▸ Your instructions
Every line between the top of the data below and the line with "abbrev pub keyed : Gate → Handler", both ends included, must be retyped exactly.

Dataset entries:
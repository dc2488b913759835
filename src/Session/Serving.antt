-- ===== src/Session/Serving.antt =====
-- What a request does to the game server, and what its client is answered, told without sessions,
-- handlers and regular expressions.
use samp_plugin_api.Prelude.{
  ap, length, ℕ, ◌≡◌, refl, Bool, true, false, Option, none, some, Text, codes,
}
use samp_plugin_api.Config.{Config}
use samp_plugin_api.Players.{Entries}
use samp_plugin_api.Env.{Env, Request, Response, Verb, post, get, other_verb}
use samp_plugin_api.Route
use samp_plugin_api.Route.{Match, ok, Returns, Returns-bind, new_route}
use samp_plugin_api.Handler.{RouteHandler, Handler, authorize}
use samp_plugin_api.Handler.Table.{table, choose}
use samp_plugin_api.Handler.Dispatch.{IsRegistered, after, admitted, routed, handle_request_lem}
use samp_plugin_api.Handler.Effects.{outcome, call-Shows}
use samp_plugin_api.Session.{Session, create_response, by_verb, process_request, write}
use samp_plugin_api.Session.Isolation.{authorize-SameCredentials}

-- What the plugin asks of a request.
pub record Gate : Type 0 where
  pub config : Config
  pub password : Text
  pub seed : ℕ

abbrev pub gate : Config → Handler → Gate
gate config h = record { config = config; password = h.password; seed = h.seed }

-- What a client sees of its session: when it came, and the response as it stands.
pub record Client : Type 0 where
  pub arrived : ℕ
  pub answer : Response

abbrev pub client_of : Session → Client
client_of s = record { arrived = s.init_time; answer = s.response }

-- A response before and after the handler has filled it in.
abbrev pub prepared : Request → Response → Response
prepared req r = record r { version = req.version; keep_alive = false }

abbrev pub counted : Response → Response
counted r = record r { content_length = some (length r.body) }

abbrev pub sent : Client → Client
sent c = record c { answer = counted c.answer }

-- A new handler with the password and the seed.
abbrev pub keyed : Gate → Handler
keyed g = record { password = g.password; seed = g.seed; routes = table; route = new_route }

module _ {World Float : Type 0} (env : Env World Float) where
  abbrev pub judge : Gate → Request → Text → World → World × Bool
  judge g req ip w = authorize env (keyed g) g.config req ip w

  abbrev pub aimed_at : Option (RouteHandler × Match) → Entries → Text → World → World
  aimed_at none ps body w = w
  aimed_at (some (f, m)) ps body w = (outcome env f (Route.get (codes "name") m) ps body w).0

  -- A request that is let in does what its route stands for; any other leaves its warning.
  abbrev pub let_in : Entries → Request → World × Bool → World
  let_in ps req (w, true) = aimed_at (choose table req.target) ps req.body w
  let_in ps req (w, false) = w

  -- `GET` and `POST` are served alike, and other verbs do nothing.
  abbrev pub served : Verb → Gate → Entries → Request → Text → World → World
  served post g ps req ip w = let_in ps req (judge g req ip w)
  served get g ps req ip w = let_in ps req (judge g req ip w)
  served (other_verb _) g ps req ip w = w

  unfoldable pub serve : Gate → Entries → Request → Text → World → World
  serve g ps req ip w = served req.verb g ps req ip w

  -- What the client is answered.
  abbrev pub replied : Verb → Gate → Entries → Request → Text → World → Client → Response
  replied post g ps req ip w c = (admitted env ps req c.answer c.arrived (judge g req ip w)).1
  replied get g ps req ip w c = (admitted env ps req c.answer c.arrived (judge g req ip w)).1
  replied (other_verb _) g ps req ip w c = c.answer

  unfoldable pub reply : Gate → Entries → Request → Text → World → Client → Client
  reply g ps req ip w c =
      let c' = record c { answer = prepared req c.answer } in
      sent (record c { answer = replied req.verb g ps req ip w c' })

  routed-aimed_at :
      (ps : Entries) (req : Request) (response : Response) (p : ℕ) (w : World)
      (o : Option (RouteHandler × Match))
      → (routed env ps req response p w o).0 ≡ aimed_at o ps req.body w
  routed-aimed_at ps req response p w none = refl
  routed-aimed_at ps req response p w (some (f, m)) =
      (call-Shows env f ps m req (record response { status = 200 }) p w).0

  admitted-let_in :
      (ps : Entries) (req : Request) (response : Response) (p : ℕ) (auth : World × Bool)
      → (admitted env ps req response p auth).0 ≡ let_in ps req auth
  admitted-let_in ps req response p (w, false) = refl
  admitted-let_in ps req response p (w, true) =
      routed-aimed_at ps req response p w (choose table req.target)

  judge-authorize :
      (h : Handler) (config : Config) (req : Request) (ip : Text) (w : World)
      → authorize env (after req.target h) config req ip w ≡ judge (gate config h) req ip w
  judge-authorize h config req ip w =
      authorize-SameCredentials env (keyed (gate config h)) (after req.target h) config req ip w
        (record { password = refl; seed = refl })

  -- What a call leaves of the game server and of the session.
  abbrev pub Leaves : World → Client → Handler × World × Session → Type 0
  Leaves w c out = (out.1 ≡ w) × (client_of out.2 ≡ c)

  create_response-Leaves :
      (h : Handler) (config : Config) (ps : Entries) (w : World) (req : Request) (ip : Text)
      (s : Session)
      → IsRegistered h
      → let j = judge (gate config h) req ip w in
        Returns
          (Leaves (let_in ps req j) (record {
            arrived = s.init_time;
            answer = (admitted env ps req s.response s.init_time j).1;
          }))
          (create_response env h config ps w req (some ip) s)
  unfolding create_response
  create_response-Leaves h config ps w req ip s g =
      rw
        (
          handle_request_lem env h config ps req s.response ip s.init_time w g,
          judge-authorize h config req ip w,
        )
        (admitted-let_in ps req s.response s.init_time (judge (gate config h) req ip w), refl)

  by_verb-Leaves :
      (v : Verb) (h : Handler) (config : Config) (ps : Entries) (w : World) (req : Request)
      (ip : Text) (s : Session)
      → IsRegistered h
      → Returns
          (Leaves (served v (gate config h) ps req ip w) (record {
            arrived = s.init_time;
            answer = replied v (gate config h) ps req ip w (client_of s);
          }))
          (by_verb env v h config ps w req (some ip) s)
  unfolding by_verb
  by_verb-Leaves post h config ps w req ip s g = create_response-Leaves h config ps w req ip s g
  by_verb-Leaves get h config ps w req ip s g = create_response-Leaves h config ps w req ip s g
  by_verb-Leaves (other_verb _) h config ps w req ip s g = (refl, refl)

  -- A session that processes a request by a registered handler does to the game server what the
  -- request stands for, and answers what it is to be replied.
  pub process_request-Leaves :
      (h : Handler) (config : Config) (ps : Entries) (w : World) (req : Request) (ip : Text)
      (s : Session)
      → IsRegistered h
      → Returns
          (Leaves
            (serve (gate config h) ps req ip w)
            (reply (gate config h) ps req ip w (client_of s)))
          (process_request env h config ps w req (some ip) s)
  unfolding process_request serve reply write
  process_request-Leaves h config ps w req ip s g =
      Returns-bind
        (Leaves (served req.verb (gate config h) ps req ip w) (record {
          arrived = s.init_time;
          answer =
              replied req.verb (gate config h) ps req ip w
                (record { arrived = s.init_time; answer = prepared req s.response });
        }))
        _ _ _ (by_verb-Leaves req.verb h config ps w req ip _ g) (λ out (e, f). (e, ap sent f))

▸ Written answer
repository dc2488b913759835
filename src/Session/Serving.antt
-- ===== src/Session/Serving.antt =====
-- What a request does to the game server, and what its client is answered, told without sessions,
-- handlers and regular expressions.
use samp_plugin_api.Prelude.{
  ap, length, ℕ, ◌≡◌, refl, Bool, true, false, Option, none, some, Text, codes,
}
use samp_plugin_api.Config.{Config}
use samp_plugin_api.Players.{Entries}
use samp_plugin_api.Env.{Env, Request, Response, Verb, post, get, other_verb}
use samp_plugin_api.Route
use samp_plugin_api.Route.{Match, ok, Returns, Returns-bind, new_route}
use samp_plugin_api.Handler.{RouteHandler, Handler, authorize}
use samp_plugin_api.Handler.Table.{table, choose}
use samp_plugin_api.Handler.Dispatch.{IsRegistered, after, admitted, routed, handle_request_lem}
use samp_plugin_api.Handler.Effects.{outcome, call-Shows}
use samp_plugin_api.Session.{Session, create_response, by_verb, process_request, write}
use samp_plugin_api.Session.Isolation.{authorize-SameCredentials}

-- What the plugin asks of a request.
pub record Gate : Type 0 where
  pub config : Config
  pub password : Text
  pub seed : ℕ

abbrev pub gate : Config → Handler → Gate
gate config h = record { config = config; password = h.password; seed = h.seed }

-- What a client sees of its session: when it came, and the response as it stands.
pub record Client : Type 0 where
  pub arrived : ℕ
  pub answer : Response

abbrev pub client_of : Session → Client
client_of s = record { arrived = s.init_time; answer = s.response }

-- A response before and after the handler has filled it in.
abbrev pub prepared : Request → Response → Response
prepared req r = record r { version = req.version; keep_alive = false }

abbrev pub counted : Response → Response
counted r = record r { content_length = some (length r.body) }

abbrev pub sent : Client → Client
sent c = record c { answer = counted c.answer }

-- A new handler with the password and the seed.
abbrev pub keyed : Gate → Handler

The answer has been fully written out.